Many-Objective Search-Based Coverage-Guided Automatic Test Generation for Deep Neural Networks

To ensure the reliability of DNN systems and address the test generation problem for neural networks, this paper proposes a fuzzing test generation technique based on many-objective optimization algorithms. Traditional fuzz testing employs random search, leading to lower testing efficiency and tends to generate numerous invalid test cases. By utilizing many-objective optimization techniques, effective test cases can be generated. To achieve high test coverage, this paper proposes several improvement strategies. The frequency-based fuzz sampling strategy assigns priorities based on the frequency of selection of initial data, avoiding the repetitive selection of the same data and enhancing the quality of initial data better than random sampling strategies. To address the issue that global search may yield test not satisfying semantic constraints, a local search strategy based on the Monte Carlo tree search is proposed to enhance the algorithm's local search capabilities. Furthermore, we improve the diversity of the population and the algorithm's global search capability by updating SPEA2's external archive based on a decomposition-based archiving strategy. To validate the effectiveness of the proposed approach, experiments were conducted on several public datasets and various neural network models. The results reveal that, compared to random and clustering-based sampling, the frequency-based fuzz sampling strategy provides a greater improvement in coverage rate in the later stages of iterations. On complex networks like VGG16, the improved SPEA2 algorithm increased the coverage rate by about 12% across several coverage metrics, and by approximately 40% on LeNet series networks. The experimental results also indicates that the newly generated test cases not only exhibit higher coverage rates but also generate adversarial samples that reveal model errors.

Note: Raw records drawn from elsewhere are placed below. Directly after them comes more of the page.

-- ===== src/A3/Disk/Inode/Index.antt =====
-- The sector of a block of a file, on a disk that is an array of sectors.
use mcgill_ecse_427_operatin.Prelude.{
  ℕ, ◌+◌, ◌-◌, ◌*◌, ◌/◌, ◌%◌, ◌≤◌, ◌<◌, inl, inr, Bool-cases, ltb, lt→ltb, if◌then◌else◌, Array,
  arith,
}
use mcgill_ecse_427_operatin.A3.Disk.Sectors.{◌>>=◌, pure, Sectors, Runs, pure-Runs, read_then-Runs}
use mcgill_ecse_427_operatin.A3.Disk.Inode.{
  Bytes, block_word, InodeDisk, no_sector, index_to_sector,
}

-- The blocks that can be indexed.
abbrev pub max_blocks : ℕ
max_blocks = 16635

unfoldable pub sector_at : Array Bytes → InodeDisk → ℕ → ℕ
sector_at v d index =
    if ltb index 123
    then d.direct_blocks index
    else if ltb index 251
    then block_word (v d.indirect_block) (index - 123)
    else if ltb index 16635
    then block_word (v (block_word (v d.doubly_indirect_block) ((index - 251) / 128)))
        ((index - 251) % 128)
    else no_sector

-- On a disk of `n` sectors, the blocks that hold the index of the first `k` blocks are on the disk.
pub record HasIndex (n : ℕ) (v : Array Bytes) (d : InodeDisk) (k : ℕ) : Type 0 where
  pub indirect : 123 < k → d.indirect_block < n
  pub doubly : 251 < k → d.doubly_indirect_block < n
  pub second : (i : ℕ) → 251 + 128 * i < k → block_word (v d.doubly_indirect_block) i < n

module _ {S : Type 0} (io : Sectors S Bytes) (n : ℕ) (v : Array Bytes) (d : InodeDisk) where
  -- Where the blocks of the index are on the disk, `index_to_sector` gives the sector of the block.
  pub index_to_sector-sector_at :
      (k index : ℕ)
      → HasIndex n v d k
      → index < k
      → k ≤ max_blocks
      → Runs io n (index_to_sector io d index) v (sector_at v d index) v
  unfolding index_to_sector sector_at
  index_to_sector-sector_at k index has h max = elim (Bool-cases (ltb index 123)) [
    | inl direct ↦ rw direct (pure-Runs io n (d.direct_blocks index) v)
    | inr far ↦ elim (Bool-cases (ltb index 251)) [
      | inl single ↦
          rw (far, single)
            (read_then-Runs io n d.indirect_block (λ b. pure (block_word b (index - 123))) v v
              (block_word (v d.indirect_block) (index - 123)) (has.indirect (ground arith))
              (pure-Runs io n (block_word (v d.indirect_block) (index - 123)) v))
      | inr double ↦
          let first = block_word (v d.doubly_indirect_block) ((index - 251) / 128) in
          let found = block_word (v first) ((index - 251) % 128) in
          rw (far, double, lt→ltb index 16635 (omega arith))
            (read_then-Runs io n d.doubly_indirect_block
              (λ b. io.read (block_word b ((index - 251) / 128)) >>= λ b'.
                pure (block_word b' ((index - 251) % 128)))
              v v found (has.doubly (ground arith))
              (read_then-Runs io n first (λ b'. pure (block_word b' ((index - 251) % 128))) v v
                found (has.second ((index - 251) / 128) (ground arith)) (pure-Runs io n found v)))
    ]
  ]
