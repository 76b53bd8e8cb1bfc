-- ===== src/A3/Disk/Inode/Words.antt =====
-- The words that `get_inode_data_sectors` copies, and the sector of the block at each place.
use mcgill_ecse_427_operatin.Prelude.{
  ℕ, zero, suc, ◌+◌, ◌-◌, ◌*◌, ◌/◌, ◌%◌, ◌≤◌, ◌<◌, ◌≡◌, ◌⊎◌, inl, inr, refl, sym, ap, ◌∙◌, true,
  ◌==◌, Bool-cases, ltb, ltb→lt, if◌then◌else◌, Array, update, in_range, arith,
}
use mcgill_ecse_427_operatin.A3.Disk.Inode.{
  Bytes, block_word, InodeDisk, min, div_round_up, copy_words,
}
use mcgill_ecse_427_operatin.A3.Disk.Inode.Index.{max_blocks, sector_at}

copy_words-at :
    (n from cur : ℕ) (f : ℕ → ℕ) (out : Array ℕ) (j : ℕ)
    → copy_words n from cur f out j ≡ (if in_range cur n j then f (from + (j - cur)) else out j)
unfolding copy_words
copy_words-at zero from cur f out j = ground arith
copy_words-at (suc n) from cur f out j =
    ground (arith, copy_words-at n (from + 1) (cur + 1) f (update out cur (f from)) j)

-- What the rounds for the doubly indirect block put into the array.
unfoldable pub doubly_words : Array Bytes → ℕ → ℕ → ℕ → ℕ → Bytes → Array ℕ → Array ℕ
doubly_words v zero i left cur b out = out
doubly_words v (suc n) i left cur b out =
    let subsize = min left 128 in
    doubly_words v n (i + 1) (left - subsize) (cur + subsize) b
      (copy_words subsize 0 cur (block_word (v (block_word b i))) out)

word_at : Array Bytes → Bytes → ℕ → ℕ
word_at v b m = block_word (v (block_word b (m / 128))) (m % 128)

doubly_words-outside :
    (v : Array Bytes) (n i left cur : ℕ) (b : Bytes) (out : Array ℕ) (j : ℕ)
    → (j < cur) ⊎ (cur + left ≤ j)
    → doubly_words v n i left cur b out j ≡ out j
unfolding doubly_words
doubly_words-outside v zero i left cur b out j h = refl
doubly_words-outside v (suc n) i left cur b out j h =
    let subsize = min left 128 in
    let words = block_word (v (block_word b i)) in
    doubly_words-outside v n (i + 1) (left - subsize) (cur + subsize) b
      (copy_words subsize 0 cur words out) j (ground arith)
    ∙ ground (arith, copy_words-at subsize 0 cur words out j)

word_at-first :
    (v : Array Bytes) (b : Bytes) (i m : ℕ)
    → m < 128
    → word_at v b (128 * i + m) ≡ block_word (v (block_word b i)) m
unfolding word_at
word_at-first v b i m h =
    let row : (128 * i + m) / 128 ≡ i = omega arith in
    let column : (128 * i + m) % 128 ≡ m = omega arith in rw (row, column)

doubly_words-inside :
    (v : Array Bytes) (n i left cur : ℕ) (b : Bytes) (out : Array ℕ) (j : ℕ)
    → left ≤ 128 * n
    → cur ≤ j
    → j < cur + left
    → doubly_words v n i left cur b out j ≡ word_at v b (128 * i + (j - cur))
unfolding doubly_words
doubly_words-inside v zero i left cur b out j h lo hi = absurd (omega arith)
doubly_words-inside v (suc n) i left cur b out j h lo hi =
    let subsize = min left 128 in
    let words = block_word (v (block_word b i)) in
    elim (Bool-cases (ltb j (cur + subsize))) [
      | inl now ↦
          doubly_words-outside v n (i + 1) (left - subsize) (cur + subsize) b
            (copy_words subsize 0 cur words out) j (inl (ltb→lt _ _ now))
          ∙ ground (arith, copy_words-at subsize 0 cur words out j)
          ∙ sym (word_at-first v b i (j - cur) (ground arith))
      | inr later ↦
          doubly_words-inside v n (i + 1) (left - subsize) (cur + subsize) b
            (copy_words subsize 0 cur words out) j (ground arith) (ground arith) (ground arith)
          ∙ ap (word_at v b) (ground arith)
    ]

unfoldable pub single_words : Array Bytes → InodeDisk → ℕ → Array ℕ → Array ℕ
single_words v d k out =
    let l = min k 123 in
    copy_words (min (k - l) 128) 0 l (block_word (v d.indirect_block))
      (copy_words l 0 0 d.direct_blocks out)

unfoldable pub all_words : Array Bytes → InodeDisk → ℕ → Array ℕ → Array ℕ
all_words v d k out =
    let l = min k 123 in
    let l' = min (k - l) 128 in
    let l'' = min (k - l - l') 16384 in
    doubly_words v (div_round_up l'' 128) 0 l'' (l + l') (v d.doubly_indirect_block)
      (single_words v d k out)

single_words-at :
    (v : Array Bytes) (d : InodeDisk) (k : ℕ) (out : Array ℕ) (i : ℕ)
    → i < k
    → i < 251
    → single_words v d k out i ≡ sector_at v d i
unfolding single_words sector_at
single_words-at v d k out i h below =
    let l = min k 123 in
    ground (
      arith,
      copy_words-at (min (k - l) 128) 0 l (block_word (v d.indirect_block))
          (copy_words l 0 0 d.direct_blocks out) i,
      copy_words-at l 0 0 d.direct_blocks out i,
    )

word_at-far :
    (v : Array Bytes) (d : InodeDisk) (m i : ℕ)
    → m ≡ i - 251
    → 251 ≤ i
    → i < max_blocks
    → word_at v (v d.doubly_indirect_block) m ≡ sector_at v d i
unfolding word_at sector_at
word_at-far v d m i e lo hi = ground (arith, ap (λ k. k / 128) e, ap (λ k. k % 128) e)

pub all_words-at :
    (v : Array Bytes) (d : InodeDisk) (k : ℕ) (out : Array ℕ) (i : ℕ)
    → i < k
    → k ≤ max_blocks
    → all_words v d k out i ≡ sector_at v d i
unfolding all_words
all_words-at v d k out i h max =
    let l = min k 123 in
    let l' = min (k - l) 128 in
    let l'' = min (k - l - l') 16384 in
    elim (Bool-cases (ltb i 251)) [
      | inl near ↦
          doubly_words-outside v (div_round_up l'' 128) 0 l'' (l + l') (v d.doubly_indirect_block)
            (single_words v d k out) i (ground arith)
          ∙ single_words-at v d k out i h (ltb→lt _ _ near)
      | inr far ↦
          doubly_words-inside v (div_round_up l'' 128) 0 l'' (l + l') (v d.doubly_indirect_block)
            (single_words v d k out) i (ground arith) (ground arith) (ground arith)
          ∙ word_at-far v d (128 * 0 + (i - (l + l'))) i (ground arith) (ground arith) (omega arith)
    ]

pub copy_words-none :
    (l from cur : ℕ) (f : ℕ → ℕ) (out : Array ℕ) → l ≡ 0 → copy_words l from cur f out ≡ out
unfolding copy_words
copy_words-none l from cur f out e = ap (λ m. copy_words m from cur f out) e

pub doubly_words-none :
    (v : Array Bytes) (l cur : ℕ) (b : Bytes) (out : Array ℕ)
    → l ≡ 0
    → doubly_words v (div_round_up l 128) 0 l cur b out ≡ out
unfolding doubly_words
doubly_words-none v l cur b out e = ap (λ m. doubly_words v (div_round_up m 128) 0 m cur b out) e

-- No block is left behind the three kinds.
pub none_left :
    (k : ℕ)
    → k ≤ max_blocks
    → (k - min k 123 - min (k - min k 123) 128 - min (k - min k 123 - min (k - min k 123) 128) 16384
        == 0)
      ≡ true
none_left k h = ground arith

翻译：为确保深度神经网络系统的可靠性并解决神经网络的测试生成问题，本文提出了一种基于多目标优化算法的模糊测试生成技术。传统模糊测试采用随机搜索策略，导致测试效率较低且易产生大量无效测试用例。通过运用多目标优化技术，能够生成有效的测试用例。为实现高测试覆盖率，本文提出了若干改进策略。基于频率的模糊采样策略根据初始数据被选择的频率分配优先级，避免了相同数据的重复选择，其初始数据质量优于随机采样策略。针对全局搜索可能产生不满足语义约束的测试用例问题，提出了基于蒙特卡洛树搜索的局部搜索策略以增强算法的局部搜索能力。此外，通过基于分解的归档策略更新SPEA2的外部存档，提升了种群多样性及算法的全局搜索能力。为验证所提方法的有效性，在多个公共数据集及不同神经网络模型上进行了实验。结果表明：相较于随机采样和基于聚类的采样，基于频率的模糊采样策略在迭代后期对覆盖率提升效果更显著。在VGG16等复杂网络上，改进的SPEA2算法在多项覆盖率指标上提升了约12%的覆盖率，在LeNet系列网络上提升约40%。实验结果还表明，新生成的测试用例不仅具有更高的覆盖率，还能生成揭示模型错误的对抗样本。